The “hiring bubble” usually lasts from about the 15th of January until the 15th of April. In 2010, I see it as being quite a bit shorter, perhaps only a month or six weeks. If you wasted December on the holidays, you have some rapid catching up to do. Remember the things you said you’d do “after the first.” Well, get cracking.
1). No mistakes on your résumé. Résumés, at the executive level, are not terribly important. But at some point you’re going to need one. One typographical error can cost you a job. Have three or four good proofreaders go through your résumé with a fine-toothed comb and point out typos, incorrect dates and so on. Most employers see a mistake on the résumé as a sign of carelessness in one’s work….not exactly the impression you want to convey.
2). Prepare a good bio. A brief bio is now much more common than a résumé. Unfortunately, most people try to make their bios a “mini-résumé,” which is not a bio. A bio should hit the high points without a great deal of detail as to when, where or how. A bio that is more than two or three (fairly short) paragraphs long is too long.
3). Get yourself networked, however you can. Call everyone you know and begin to set up coffees. If you don’t have a good network, now is not the time to start building one. Buy one that is ready made. Executive Transition Coaches often have good networks that they share with their clients. There are numerous organizations that have ready-made networks available. Don’t be “cheap” on this. If you want to find an executive job, buy the best network you are able. Expect to spend some real money. It will save you, however, tens of thousands of dollars in lost work time.

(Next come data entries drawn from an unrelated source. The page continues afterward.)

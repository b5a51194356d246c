-- ===== src/Wifi.antt =====
-- lib/WiFiManager/WiFiManager.h and WiFiManager.cpp: the saved network, the portal's retry of it, and
-- the move to another network. The radio is what WiFi.status() answers at a pass, and the name that
-- WiFi.begin was last given; the web server of the portal, DNS, mDNS and NTP are left out.
pub mod Change
pub mod Ends
pub mod Portal
mod Tests
use rfid_access.Base.{
  ℕ, ◌+◌, ◌-◌, Bool, true, false, not, ◌&&◌, ◌||◌, List, [], ◌∷◌, ltb, leb, ◌==◌, if◌then◌else◌,
  Text, is_empty, sub32,
}

abbrev pub retry_interval_ms : ℕ
retry_interval_ms = 60000

abbrev pub retry_window_ms : ℕ
retry_window_ms = 15000

abbrev pub portal_in_use_ms : ℕ
portal_in_use_ms = 180000

abbrev pub change_try_ms : ℕ
change_try_ms = 25000

abbrev pub change_revert_ms : ℕ
change_revert_ms = 25000

pub data ChangeState : Type 0 where
  idle trying reverting done failed : ChangeState

-- A network's name and password.
pub record Credentials : Type 0 where
  pub ssid : Text
  pub pass : Text

abbrev pub no_credentials : Credentials
no_credentials = record { ssid = []; pass = [] }

-- The fields of the class; `portal` is STATE_AP, `saved` what NVS holds, `joining` the last argument of
-- WiFi.begin, and `recovery` the mark that survives a restart.
pub record WifiManager : Type 0 where
  pub portal : Bool
  pub force_portal : Bool
  pub setup_ap : Bool
  pub change : ChangeState
  pub next : Credentials
  pub old : Credentials
  pub change_started_ms : ℕ
  pub change_pending : Bool
  pub was_connected : Bool
  pub last_check : ℕ
  pub retry_started_ms : ℕ
  pub last_retry_end_ms : ℕ
  pub last_portal_use_ms : ℕ
  pub recovery : Bool
  pub saved : Credentials
  pub joining : Credentials

unfoldable pub save_credentials : WifiManager → Credentials → WifiManager
save_credentials w c = record w { saved = c }

-- loadCredentials into the old credentials of a change.
abbrev pub loaded : Credentials → Credentials
loaded c = if is_empty c.ssid then no_credentials else c

-- begin: `joined` is whether the saved network was joined in time.
unfoldable pub begin : WifiManager → Bool → WifiManager
begin w joined =
    let w' = record w { recovery = false } in
    if w.force_portal
    then record w' { portal = true }
    else if is_empty w.saved.ssid
    then record w' { portal = true }
    else if joined
    then record w' { portal = false; was_connected = true; joining = w.saved }
    else record w' { portal = true; joining = w.saved }

-- How long begin waits for the saved network.
unfoldable pub connect_timeout : WifiManager → ℕ → ℕ
connect_timeout w timeout = if w.recovery && ltb timeout 60000 then 60000 else timeout

-- retrySavedNetwork; the Boolean is the restart.
unfoldable pub retry_saved_network : WifiManager → ℕ → Bool → WifiManager × Bool
retry_saved_network w now connected =
    if w.force_portal
    then (w, false)
    else if connected
    then (record w { recovery = true }, true)
    else if not (w.retry_started_ms == 0)
    then (if ltb (sub32 now w.retry_started_ms) retry_window_ms
        then (w, false)
        else (record w { retry_started_ms = 0; last_retry_end_ms = now }, false))
    else if ltb (sub32 now w.last_retry_end_ms) retry_interval_ms
    then (w, false)
    else if not (w.last_portal_use_ms == 0) && ltb (sub32 now w.last_portal_use_ms) portal_in_use_ms
    then (w, false)
    else if is_empty w.saved.ssid
    then (w, false)
    else (record w { retry_started_ms = if now == 0 then 1 else now; joining = w.saved }, false)

-- The two cases of driveNetworkChange in which something happens.
unfoldable pub drive_trying : WifiManager → ℕ → Bool → WifiManager
unfolding save_credentials
drive_trying w now connected =
    if connected
    then save_credentials (record w { change = done; was_connected = true }) w.next
    else if ltb (sub32 now w.change_started_ms) change_try_ms
    then w
    else record (save_credentials w w.old) {
      joining = w.old;
      change_started_ms = now;
      change = reverting;
    }

unfoldable pub drive_reverting : WifiManager → ℕ → Bool → WifiManager
drive_reverting w now connected =
    if connected
    then record w { change = failed; was_connected = true }
    else if ltb (sub32 now w.change_started_ms) change_revert_ms
    then w
    else record w { change = failed }

-- changeNetwork.
abbrev pub is_running : ChangeState → Bool
is_running idle = false
is_running trying = true
is_running reverting = true
is_running done = false
is_running failed = false

unfoldable pub change_network : WifiManager → Credentials → WifiManager × Bool
change_network w c =
    if is_empty c.ssid
    then (w, false)
    else if w.change_pending || is_running w.change
    then (w, false)
    else (record w { next = c; change_pending = true }, true)

unfoldable pub open_setup_ap : WifiManager → WifiManager
open_setup_ap w = if w.setup_ap || w.portal then w else record w { setup_ap = true }

unfoldable pub close_setup_ap : WifiManager → WifiManager
close_setup_ap w = record w { setup_ap = false }

-- The block of loop() that starts a requested change.
unfoldable pub start_change : WifiManager → ℕ → WifiManager
start_change w now =
    if w.change_pending
    then record w {
      change_pending = false;
      old = loaded w.saved;
      joining = w.next;
      change_started_ms = now;
      change = trying;
      was_connected = false;
    }
    else w

-- The reconnect supervision of loop().
unfoldable pub supervise : WifiManager → ℕ → Bool → WifiManager
supervise w now connected =
    let w' = record w { last_check = now } in
    if ltb (sub32 now w.last_check) 5000
    then w
    else if connected && not w.was_connected
    then record w' { was_connected = true }
    else if not connected && w.was_connected
    then record w' {
      was_connected = false;
      joining = if is_empty w.saved.ssid then w.joining else w.saved;
    }
    else w'

-- loop() behind the start of a change.
unfoldable pub drive : ChangeState → WifiManager → ℕ → Bool → WifiManager
unfolding drive_trying drive_reverting supervise
drive trying w now connected = drive_trying w now connected
drive reverting w now connected = drive_reverting w now connected
drive idle w now connected = supervise w now connected
drive done w now connected = supervise w now connected
drive failed w now connected = supervise w now connected

-- loop().
unfoldable pub pass : WifiManager → ℕ → Bool → WifiManager × Bool
unfolding retry_saved_network start_change drive
pass w now connected =
    let w' = start_change w now in
    if w.portal
    then retry_saved_network w now connected
    else (drive w'.change w' now connected, false)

4). Get some new clothes and other things for interviewing. There are lots of post-holiday sales going on right now. This is the perfect time to look at your interviewing wardrobe and make it work.
5). Prepare your stories. Know your best accomplishments, and prepare a way to tell employers about them in under two minutes each. You must show how you are different from the other 50 candidates they just interviewed. Make your accomplishments clear and easy to grasp.
6). Do your research. Get out there and find out which companies may be hiring, but don’t stop there. Most of my clients wind up employed at a company where there are no openings.
7). Don’t “shotgun” what you want. Those who have a concise and clear explanation of what they’re looking for get lots of help. Those who are trying to cover everything that is “out there” just to get a job don’t get much help. Choose the one thing that you mostly are known for, and prepare to let others know about that, not everything you’ve ever done.
8). Prepare to talk about numbers of all kinds. Many employers want everything “quantified.” In other words, they want you to say how much, how high, to what extent, etc. It is much more effective to say that your idea saved the company $2.3M than to say that you saved the company “millions.” Be specific. If you don’t know for a fact, make a good general guess. If you can’t quantify it, then it is hooey, so far as most employers are concerned.
9). Understand that your skills are not going to get you a job. Many people probably have equivalent, or even better, skills. Be prepared to show the potential employer personal qualities that set you apart, and make you the better candidate.
10). Make each interview count. You only get one chance. Get help if you need it to keep from blowing it. There aren’t lots of interviews available now.
Get moving now on these important items. Time moves rapidly. Make each day count towards your goals in 2010.